Minus a point for spelling errors. The rhyme scheme initially threw me off, but it ended up working fairly well. You also set up a very nice atmosphere, although it's more lamenting than scary. That last stanza also ruined the mood for me. Good poem, though.

Score: *15/20*


Title: *Of Thoughts Alone*
Author: Philo

I like this. Very good! Reminds me of Poe, although the naming of the woman "Jill" made me laugh and spoiled the mood. Since you don't name the speaker "Jack" I'll just assume it's a coincidence.

Score: *18/20*


Title: *Refrigerated Nights*
Author: eggo

I thought this had the potential to be something truly frightening. I was hoping you'd pull a Lovecraft to complement Philo's Poe, but you went for a twisted and slightly funny route instead. Nothing really wrong with that route, except it doesn't give me goosebumps that way. It also didn't flow very well, but it was still enjoyable.

Score: *13/20*


----------



## silverwriter (Dec 10, 2005)

Title: Mirrored 
Author: Farror

Interesting piece, but it seemed to stay at the same level tone throughout the entire thing which didn’t really spark me all too much. The piece felt like you were trying a bit too hard to get the rhyme rather than concentrating on the words and what you are trying to say. I like it, but I think a little more suspense could have been added in there. Perhaps give the reader a bit more of the senses to identify with.

Score: 13/20


Title: Untitled
Author: bobothegoat

Wow, I really like this. However, for goosebumps, it doesn’t do it for me and I am forced to admit a lack of emotion in that area. Also there are punctuation and capitalization errors. I love the images you give. It sounds vaguely familiar like a book I’ve read, but… Ah well. I do like it very much as a general poem.

Score: 12/20


Title: The Winning Entry
Author: dannyboy 

This is a good piece, but the structuring threw me off in places. Especially where you decided to break it in some places. The images are great and the fear inspired by some killer are great. With some tweaking to the technical aspects, this poem would be flawless and would indeed give readers goosebumps.

Score: 16/20


Title: Untitled
Author: silverwriter
Score: NA


Title: The Dark Night
Author: sanyuja 

Well, despite punctuation and capitalization errors, I liked this piece.
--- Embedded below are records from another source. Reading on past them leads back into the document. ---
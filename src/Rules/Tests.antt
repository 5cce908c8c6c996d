-- ===== src/Rules/Tests.antt =====
-- The rules on the plan of Ir/Sample.
use query_smith.Prelude.{
  String, List, [], ◌∷◌, map, some, ◌≡◌, refl, ap, ◌∙◌, inl, inr, select, str_eq, All, Any,
}
use mathlib.Core.Option.{some-injective}
use query_smith.Prelude.Int.{ℤ, pos}
use query_smith.Prelude.Outcome.{ok, err}
use query_smith.Prelude.Collect.{In}
use query_smith.Rules.Checks
use query_smith.Rules.Engine
use query_smith.Rules.Checks.{walk}
use query_smith.Prelude.Sorting.{sort_by}
use query_smith.Text.Numerals.{show_grouped}
use query_smith.Rules.Coverage.Walk.{Within-In-walk}
use query_smith.Float.Sample.{Cents, cents, cents_float}
use query_smith.Ir.{Severity, OperatorInfo}
use query_smith.Ir.Sample.{scan, plan}
use query_smith.Rules.Finding.{Finding}
use query_smith.Rules.Engine.{
  collect, evaluate, check_missing_indexes, check_bookmark_lookups, check_parallelism,
}
use query_smith.Rules.Due.{HasRows, Due, huge_scan, at_root, below, in_first}
use query_smith.Rules.Order.{IsStableOrder, evaluate-IsStableOrder}
use query_smith.Rules.Coverage.Sound.{IsDue, evaluate-IsDue}
use query_smith.Rules.Coverage.Complete.{evaluate-Any-Due}
use query_smith.Rules.Coverage.Found.{Matches}
use query_smith.Rules.Coverage.Total.{evaluate_total}

abbrev rule_ids : List Finding → List String
rule_ids = map (λ f. f.rule_id)

abbrev findings : List Finding
unfolding evaluate Checks.check_large_scans Checks.check_large_scan sort_by
    Checks.promote_adapter_warnings Checks.check_cardinality_skew Checks.check_skew
    Engine.check_bookmark_lookups Engine.check_lookup Engine.check_missing_indexes
    Engine.check_parallelism Engine.check_missing_index show_grouped
findings = elim (evaluate plan) [ ok fs ↦ fs | err e ↦ [] ]

evaluate_runs : evaluate plan ≡ ok findings
unfolding findings
evaluate_runs = refl

findings_test :
    rule_ids findings
    ≡ "large_table_scan" ∷ "missing_index_available" ∷ "adapter_warning.implicit_conversion"
      ∷ "cardinality_skew" ∷ "non_covering_key_lookup" ∷ "parallelism_used" ∷ []
unfolding findings
findings_test = refl

scan_detail_test :
    map (λ f. f.summary) (select (λ f. str_eq f.rule_id "large_table_scan") findings)
    ≡ "table_scan reads ~123,456 rows from Orders" ∷ []
unfolding findings
scan_detail_test = refl

evaluate-IsStableOrder_example :
    (raw : List Finding) × (collect plan ≡ ok raw) × IsStableOrder raw findings
evaluate-IsStableOrder_example = evaluate-IsStableOrder plan findings evaluate_runs

evaluate-IsDue_example : All (IsDue plan) findings
evaluate-IsDue_example = evaluate-IsDue plan findings evaluate_runs

scan_is_Due : Due plan "large_table_scan" Severity.critical (some "1")
scan_is_Due =
    huge_scan scan (cents 12345600) (below (in_first (at_root refl))) (inr refl) (inl refl) refl
      refl refl refl

evaluate-Any-Due_example : Any (Matches "large_table_scan" Severity.critical (some "1")) findings
evaluate-Any-Due_example = evaluate-Any-Due plan findings scan_is_Due evaluate_runs

finite_rows :
    (op : OperatorInfo Cents) (rows : Cents)
    → In op (walk plan.root_operator)
    → HasRows op rows
    → (n : ℤ) × (cents_float.to_int rows ≡ ok n)
unfolding walk
finite_rows op rows (inl e) (inl h) = absurd (cc (ap (λ (o : OperatorInfo Cents). o.actual_rows) e))
finite_rows op rows (inl e) (inr (_, h)) =
    absurd (cc (ap (λ (o : OperatorInfo Cents). o.estimated_rows) e))
finite_rows op rows (inr (inl e)) (inl h) =
    let same : cents 12345600 ≡ rows =
      some-injective _ _ (ap (λ (o : OperatorInfo Cents). o.actual_rows) e ∙ h) in
    rw (← same) (pos 123456, refl)
finite_rows op rows (inr (inl e)) (inr (h, _)) =
    absurd (cc (ap (λ (o : OperatorInfo Cents). o.actual_rows) e))
finite_rows op rows (inr (inr (inl e))) (inl h) =
    absurd (cc (ap (λ (o : OperatorInfo Cents). o.actual_rows) e))
finite_rows op rows (inr (inr (inl e))) (inr (_, h)) =
    absurd (cc (ap (λ (o : OperatorInfo Cents). o.estimated_rows) e))
finite_rows op rows (inr (inr (inr m))) h = absurd m

evaluate_total_example : (fs : List Finding) × (evaluate plan ≡ ok fs)
evaluate_total_example =
    evaluate_total plan (λ op rows w h. finite_rows op rows (Within-In-walk op w) h)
The tone really kept me going and you presented some very nice images. While I am a battle hardened horror flick gal, you still got me to lean in just a little closer to the screen and curl up just a little tighter.

Score: 14/20


Title: Alone in the Dark
Author: murdershewrote2005

Every line capitalized except the very last two was a bit strange. The tone was fantastic. The images and the words you use didn’t keep me reading because of the pull of the flow but rather because I wanted to see what you were going to do with it/where you were going to take it. To end it with being a prisoner in her own mind is great.

Score: 16/20


Title: Untitled 
Author: thehappyhobo 

The structure was a bit off as well as the punctuation, but this poem really did it for me. I can imagine someone sitting and telling this gruesome story and ending with “as they ate him.” Kind of creeps me out, I must confess. The words more than the images present the feeling in this (does that make sense?) which is different for me because I usually am focused and driven by imagery. A little tweaking in the other areas and this will be a great little piece.

Score: 17/20


Title: The Masochist 
Author: NatureHoldsAnswers 

This doesn’t read like a poem, I’m afraid. Also, while it has a slightly “off” quality for the theme, it didn’t give me much suspense or feeling. You’ve laid out an interesting scene and some of the images are nice, but I can really only see this expanded out as a short story.

Score: 10/20


Title: The Man in the Mirror 
Author: LoneWolf 

I liked your tone in this simply because it isn’t one I have encountered before. (Or I haven’t chosen to take another poem this way.) The “shower scene” is a classic horror scene. While it works well for the theme, I get a sort of “Twilight Zone” or “Outer Limits” guy voice in my head when I am reading this. A bit sad for me, but quite funny in the same respect.

Score: 14/20


Title: Untitled 
Author: Mithose 

Wow. I very much liked this piece. It reminded me a lot of a Poe-like poem or perhaps of that painting “The Scream.” I’m not used to consistent line-by-line rhymes, but I think you did quite nicely. The images are great too. Especially the last line considering it’s winter here and I currently have a cool breeze on my back.

Score: 18/20


Title: Of Thoughts Alone 
Author: Philo 

Excellent. Besides minor punctuation and capitalization, I loved it. The wording and flow kept my eyes glued to the screen as I was reading. As for goosebumps, I didn’t get any, but you came darn well close. The tone stayed consistent throughout and the imagery is just excellent (in my mind).

Score: 19/20


Title: Refrigerated Nights 
Author: eggo 

This is the kind of poetry that leaves you thinking, “What in the world?” Slightly sick, slightly twisted, and one of those mind-boggling things. I never saw the end coming, strangely enough. The way you put it made it seem like it was the only natural solution, so why not? Creepy. The images were nice and, where I would usually say to incorporate some of the other senses, it doesn’t really need it all that much in this one. A little tweaking and it’s just fine.

Score: 17/20


----------



## LoneWolf (Dec 20, 2005)

Thank you vodka, Hodge, and silverwriter. Ugh, I feel kind of icky seeing how badly I did. *sigh* Oh well. Thanks for judging and taking the time to read through all of these. 

LW 'preme


----------



## bobothegoat (Dec 21, 2005)

If it makes you feel better, I think you did better than I did.  Ah well.

Hopefully, Pawn will get his scores up soon.


----------



## LoneWolf (Dec 21, 2005)

Thanks, bobo. It makes me feel a bit better, but I liked your poem more than mine!

By the way, I like the hat...very fitting for your goat.


----------